Problem :: All of the entries below are to be copied word for word.

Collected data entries
------------------------------------------------

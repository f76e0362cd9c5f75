-- ===== src/Serial/ReaderThread/Delivery.antt =====
-- However the port cuts the stream into reads, the thread makes the same of it.
use p.Common.{
  ℕ, ◌+◌, ◌^◌, ◌≤◌, ◌<◌, ap, ◌∙◌, ◌≡◌, refl, sym, true, List, [], ◌∷◌, ◌++◌, Option, some, length,
  arith, All, All-left, All-right, subst, ◌⊎◌, inl, inr,
}
use p.Cobs.{IsByte}
use p.Serial.Reader.{Reader, Flags, feed_posix, count_rx}
use p.Serial.Reader.Stream.{View, feed, feed-append, IsFraming, IsFraming-append}
use p.Serial.Reader.Frame.{Shows}
use p.Serial.State.{ring_bytes}
use p.Serial.Queue.{Frame, used}
use p.Serial.Reader.Sent.{
  sent, IsSendable, sent-IsByte, sent-IsFraming, feed-sent, queued, accept_frames-fits,
}
use p.Serial.Reader.Scan.{AllSet, Scanned, scan_posix-feeds}
use p.Serial.ReaderThread.{
  interrupted, expired, ready, Round, Thread, Next, goes_on, sampled, thread_round, thread_run,
}

-- The flags stay set and the descriptor open; the port has nothing, or the bytes `p`.
pub record IsQuiet (round : Round) : Type 0 where
  pub alive : round.alive ≡ true
  pub fd_open : round.fd_open ≡ true
  pub alive_selected : round.alive_selected ≡ true
  pub nothing : (round.select ≡ interrupted) ⊎ (round.select ≡ expired)

pub record IsRead (round : Round) (p : List ℕ) : Type 0 where
  pub alive : round.alive ≡ true
  pub fd_open : round.fd_open ≡ true
  pub alive_selected : round.alive_selected ≡ true
  pub select : round.select ≡ ready
  pub alive_read : round.alive_read ≡ true
  pub received : round.received ≡ some p
  pub flags : AllSet round.flags

-- Rounds in which the port delivers the bytes `xs`, one read behind another.
pub data Delivers : List Round → List ℕ → Type 0 where
  done : Delivers [] []
  idle :
      {round : Round} {rounds : List Round} {xs : List ℕ}
      → IsQuiet round
      → Delivers rounds xs
      → Delivers (round ∷ rounds) xs
  read :
      {round : Round} {rounds : List Round} {xs : List ℕ} (p : List ℕ)
      → IsRead round p
      → Delivers rounds xs
      → Delivers (round ∷ rounds) (p ++ xs)

quiet_round :
    (t : Thread) (round : Round)
    → IsQuiet round
    → thread_round t round ≡ some (goes_on (sampled t round.now_ns))
unfolding thread_round
quiet_round t round q = elim (q.nothing) [
  | inl e ↦ rw (q.alive, q.fd_open, q.alive_selected, e)
  | inr e ↦ rw (q.alive, q.fd_open, q.alive_selected, e)
]

read_round :
    (t : Thread) (round : Round) (p : List ℕ) (r : Reader)
    → IsRead round p
    → feed_posix round.flags (sampled t round.now_ns).reader p ≡ some r
    → thread_round t round ≡ some (goes_on (record (sampled t round.now_ns) { reader = r }))
unfolding thread_round
read_round t round p r q e =
    rw (q.alive, q.fd_open, q.alive_selected, q.select, q.alive_read, q.received, e)

-- The counters of bytes and of CPU time are not in the view.
pub sampled-Shows :
    (t : Thread) (now : ℕ) (v : View) (cur : List ℕ)
    → Shows t.reader v cur
    → Shows (sampled t now).reader v cur
unfolding sampled
sampled-Shows t now v cur h = record {
  buf_size = h.buf_size;
  tmp_size = h.tmp_size;
  len_at = h.len_at;
  content = h.content;
  short = h.short;
  wire = h.wire;
  shared = record {
    ring = h.shared.ring;
    frames = h.shared.frames;
    errors = h.shared.errors;
    dropped = h.shared.dropped;
    push_dropped = h.shared.push_dropped;
  };
}

counted-Shows :
    (r : Reader) (n : ℕ) (v : View) (cur : List ℕ) → Shows r v cur → Shows (count_rx r n) v cur
counted-Shows r n v cur h = record {
  buf_size = h.buf_size;
  tmp_size = h.tmp_size;
  len_at = h.len_at;
  content = h.content;
  short = h.short;
  wire = h.wire;
  shared = record {
    ring = h.shared.ring;
    frames = h.shared.frames;
    errors = h.shared.errors;
    dropped = h.shared.dropped;
    push_dropped = h.shared.push_dropped;
  };
}

pub feed_lem :
    (flags : ℕ → Flags) (r : Reader) (p : List ℕ) (v : View) (cur : List ℕ)
    → AllSet flags
    → Shows r v cur
    → All IsByte p
    → IsFraming cur p
    → Scanned (feed_posix flags r p) (feed v cur p)
unfolding feed_posix
feed_lem flags r p v cur on h bs framing =
    scan_posix-feeds (length p) flags 0 (count_rx r (length p)) p v cur (omega arith) on
      (counted-Shows r (length p) v cur h) bs framing

-- The loop goes on, with a thread that shows the view.
abbrev pub Ran : Option Next → View × List ℕ → Type 0
Ran m (v, cur) = (t : Thread) × (m ≡ some (goes_on t)) × Shows t.reader v cur

run_step :
    (t t' : Thread) (round : Round) (rounds : List Round) (s : View × List ℕ)
    → thread_round t round ≡ some (goes_on t')
    → Ran (thread_run t' rounds) s
    → Ran (thread_run t (round ∷ rounds)) s
unfolding thread_run
run_step t t' round rounds s e h = rw e h

-- However the port cuts a stream of bytes into reads, and however often it has nothing, the
-- thread stays in its loop while the flags stay set and the descriptor open, faults nowhere, and
-- leaves in the ring, in its frame buffer and in its counters what the frames of the whole
-- stream leave in the view, if no segment of the stream is longer than the frame buffer.
pub thread_run-feeds :
    {rounds : List Round} {xs : List ℕ} (t : Thread) (v : View) (cur : List ℕ)
    → Delivers rounds xs
    → Shows t.reader v cur
    → All IsByte xs
    → IsFraming cur xs
    → Ran (thread_run t rounds) (feed v cur xs)
thread_run-feeds t v cur done h bs framing = unfold thread_run feed in (t, refl, h)
thread_run-feeds t v cur (idle {round} {rounds} {xs} q d) h bs framing =
    run_step t (sampled t round.now_ns) round rounds _ (quiet_round t round q) (
      thread_run-feeds (sampled t round.now_ns) v cur d (sampled-Shows t round.now_ns v cur h) bs
        framing)
thread_run-feeds t v cur (read {round} {rounds} {xs} p q d) h bs framing =
    let (now, later) = IsFraming-append v cur p xs framing in
    let t' = sampled t round.now_ns in
    let (r, e, shows) =
      feed_lem round.flags t'.reader p v cur q.flags (sampled-Shows t round.now_ns v cur h)
        (All-left IsByte p xs bs) now in
    subst (Ran (thread_run t (round ∷ rounds))) (sym (feed-append v cur p xs)) (
      run_step t (record t' { reader = r }) round rounds _ (read_round t round p r q e)
        (thread_run-feeds (record t' { reader = r }) (feed v cur p).0 (feed v cur p).1 d shows
          (All-right IsByte p xs bs) later))

-- The thread turns a sender's encoded frames into the frames themselves: while the flags stay
-- set and the descriptor open it stays in its loop, and the ring then holds them in order behind
-- those it held, each one counted as received, none as dropped or in error. It holds if no
-- segment is open at the start, every frame, encoded, fits the frame buffer, all of them fit the
-- ring, and the counter of frames is below 2 ^ 64.
pub thread_run-sent :
    {rounds : List Round} (t : Thread) (v : View) (fs : List Frame)
    → Delivers rounds (sent fs)
    → Shows t.reader v []
    → All IsSendable fs
    → v.frames < 2 ^ 64
    → used v.queue + used fs ≤ ring_bytes
    → Ran (thread_run t rounds) (queued v fs, [])
thread_run-sent {rounds} t v fs d h short counted fit =
    subst (Ran (thread_run t rounds))
      (feed-sent v fs short ∙ ap (λ w. (w, [])) (accept_frames-fits v fs counted fit))
      (thread_run-feeds t v [] d h (sent-IsByte fs short) (sent-IsFraming fs short))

------------------------------------------------

Reply to the exercise ::
repository f76e0362cd9c5f75
-- ===== src/Serial/ReaderThread/Delivery.antt =====
-- However the port cuts the stream into reads, the thread makes the same of it.
use p.Common.{
  ℕ, ◌+◌, ◌^◌, ◌≤◌, ◌<◌, ap, ◌∙◌, ◌≡◌, refl, sym, true, List, [], ◌∷◌, ◌++◌, Option, some, length,
  arith, All, All-left, All-right, subst, ◌⊎◌, inl, inr,
}
use p.Cobs.{IsByte}
use p.Serial.Reader.{Reader, Flags, feed_posix, count_rx}
use p.Serial.Reader.Stream.{View, feed, feed-append, IsFraming, IsFraming-append}
use p.Serial.Reader.Frame.{Shows}
use p.Serial.State.{ring_bytes}
use p.Serial.Queue.{Frame, used}
use p.Serial.Reader.Sent.{
  sent, IsSendable, sent-IsByte, sent-IsFraming, feed-sent, queued, accept_frames-fits,
}
use p.Serial.Reader.Scan.{AllSet, Scanned, scan_posix-feeds}
use p.Serial.ReaderThread.{
  interrupted, expired, ready, Round, Thread, Next, goes_on, sampled, thread_round, thread_run,
}

-- The flags stay set and the descriptor open; the port has nothing, or the bytes `p`.
pub record IsQuiet (round : Round) : Type 0 where
  pub alive : round.alive ≡ true
  pub fd_open : round.fd_open ≡ true
  pub alive_selected : round.alive_selected ≡ true
  pub nothing : (round.select ≡ interrupted) ⊎ (round.select ≡ expired)

pub record IsRead (round : Round) (p : List ℕ) : Type 0 where
  pub alive : round.alive ≡ true
  pub fd_open : round.fd_open ≡ true
  pub alive_selected : round.alive_selected ≡ true
  pub select : round.select ≡ ready
  pub alive_read : round.alive_read ≡ true
  pub received : round.received ≡ some p
  pub flags : AllSet round.flags

-- Rounds in which the port delivers the bytes `xs`, one read behind another.
pub data Delivers : List Round → List ℕ → Type 0 where
  done : Delivers [] []
  idle :
      {round : Round} {rounds : List Round} {xs : List ℕ}
      → IsQuiet round
      → Delivers rounds xs
      → Delivers (round ∷ rounds) xs
  read :
      {round : Round} {rounds : List Round} {xs : List ℕ} (p : List ℕ)
      → IsRead round p
      → Delivers rounds xs
      → Delivers (round ∷ rounds) (p ++ xs)

quiet_round :
    (t : Thread) (round : Round)
    → IsQuiet round
    → thread_round t round ≡ some (goes_on (sampled t round.now_ns))
unfolding thread_round
quiet_round t round q = elim (q.nothing) [
  | inl e ↦ rw (q.alive, q.fd_open, q.alive_selected, e)
  | inr e ↦ rw (q.alive, q.fd_open, q.alive_selected, e)
]

read_round :
    (t : Thread) (round : Round) (p : List ℕ) (r : Reader)
    → IsRead round p
    → feed_posix round.flags (sampled t round.now_ns).reader p ≡ some r
    → thread_round t round ≡ some (goes_on (record (sampled t round.now_ns) { reader = r }))
unfolding thread_round
read_round t round p r q e =
    rw (q.alive, q.fd_open, q.alive_selected, q.select, q.alive_read, q.received, e)

-- The counters of bytes and of CPU time are not in the view.
pub sampled-Shows :
    (t : Thread) (now : ℕ) (v : View) (cur : List ℕ)
    → Shows t.reader v cur
    → Shows (sampled t now).reader v cur
unfolding sampled
sampled-Shows t now v cur h = record {
  buf_size = h.buf_size;
  tmp_size = h.tmp_size;
  len_at = h.len_at;
  content = h.content;
  short = h.short;
  wire = h.wire;
  shared = record {
    ring = h.shared.ring;
    frames = h.shared.frames;
    errors = h.shared.errors;
    dropped = h.shared.dropped;
    push_dropped = h.shared.push_dropped;
  };
}

counted-Shows :
    (r : Reader) (n : ℕ) (v : View) (cur : List ℕ) → Shows r v cur → Shows (count_rx r n) v cur
counted-Shows r n v cur h = record {
  buf_size = h.buf_size;
  tmp_size = h.tmp_size;
  len_at = h.len_at;
  content = h.content;
  short = h.short;
  wire = h.wire;
  shared = record {
    ring = h.shared.ring;
    frames = h.shared.frames;
    errors = h.shared.errors;
    dropped = h.shared.dropped;
    push_dropped = h.shared.push_dropped;
  };
}

pub feed_lem :
    (flags : ℕ → Flags) (r : Reader) (p : List ℕ) (v : View) (cur : List ℕ)
    → AllSet flags
    → Shows r v cur
    → All IsByte p
    → IsFraming cur p
    → Scanned (feed_posix flags r p) (feed v cur p)
unfolding feed_posix
feed_lem flags r p v cur on h bs framing =
    scan_posix-feeds (length p) flags 0 (count_rx r (length p)) p v cur (omega arith) on
      (counted-Shows r (length p) v cur h) bs framing

-- The loop goes on, with a thread that shows the view.
abbrev pub Ran : Option Next → View × List ℕ → Type 0
Ran m (v, cur) = (t : Thread) × (m ≡ some (goes_on t)) × Shows t.reader v cur

run_step :
    (t t' : Thread) (round : Round) (rounds : List Round) (s : View × List ℕ)
    → thread_round t round ≡ some (goes_on t')
    → Ran (thread_run t' rounds) s
    → Ran (thread_run t (round ∷ rounds)) s
unfolding thread_run
run_step t t' round rounds s e h = rw e h

-- However the port cuts a stream of bytes into reads, and however often it has nothing, the
-- thread stays in its loop while the flags stay set and the descriptor open, faults nowhere, and
-- leaves in the ring, in its frame buffer and in its counters what the frames of the whole
-- stream leave in the view, if no segment of the stream is longer than the frame buffer.
pub thread_run-feeds :
    {rounds : List Round} {xs : List ℕ} (t : Thread) (v : View) (cur : List ℕ)
    → Delivers rounds xs
    → Shows t.reader v cur
    → All IsByte xs
    → IsFraming cur xs
    → Ran (thread_run t rounds) (feed v cur xs)
thread_run-feeds t v cur done h bs framing = unfold thread_run feed in (t, refl, h)
thread_run-feeds t v cur (idle {round} {rounds} {xs} q d) h bs framing =
    run_step t (sampled t round.now_ns) round rounds _ (quiet_round t round q) (
      thread_run-feeds (sampled t round.now_ns) v cur d (sampled-Shows t round.now_ns v cur h) bs
        framing)
thread_run-feeds t v cur (read {round} {rounds} {xs} p q d) h bs framing =
    let (now, later) = IsFraming-append v cur p xs framing in
    let t' = sampled t round.now_ns in
    let (r, e, shows) =
      feed_lem round.flags t'.reader p v cur q.flags (sampled-Shows t round.now_ns v cur h)
        (All-left IsByte p xs bs) now in
    subst (Ran (thread_run t (round ∷ rounds))) (sym (feed-append v cur p xs)) (
      run_step t (record t' { reader = r }) round rounds _ (read_round t round p r q e)
        (thread_run-feeds (record t' { reader = r }) (feed v cur p).0 (feed v cur p).1 d shows
          (All-right IsByte p xs bs) later))

-- The thread turns a sender's encoded frames into the frames themselves: while the flags stay
-- set and the descriptor open it stays in its loop, and the ring then holds them in order behind
-- those it held, each one counted as received, none as dropped or in error. It holds if no
-- segment is open at the start, every frame, encoded, fits the frame buffer, all of them fit the
-- ring, and the counter of frames is below 2 ^ 64.
pub thread_run-sent :
    {rounds : List Round} (t : Thread) (v : View) (fs : List Frame)
    → Delivers rounds (sent fs)
    → Shows t.reader v []
    → All IsSendable fs
    → v.frames < 2 ^ 64
    → used v.queue + used fs ≤ ring_bytes
    → Ran (thread_run t rounds) (queued v fs, [])
thread_run-sent {rounds} t v fs d h short counted fit =
    subst (Ran (thread_run t rounds))
      (feed-sent v fs short ∙ ap (λ w. (w, [])) (accept_frames-fits v fs counted fit))
      (thread_run-feeds t v [] d h (sent-IsByte fs short) (sent-IsFraming fs short))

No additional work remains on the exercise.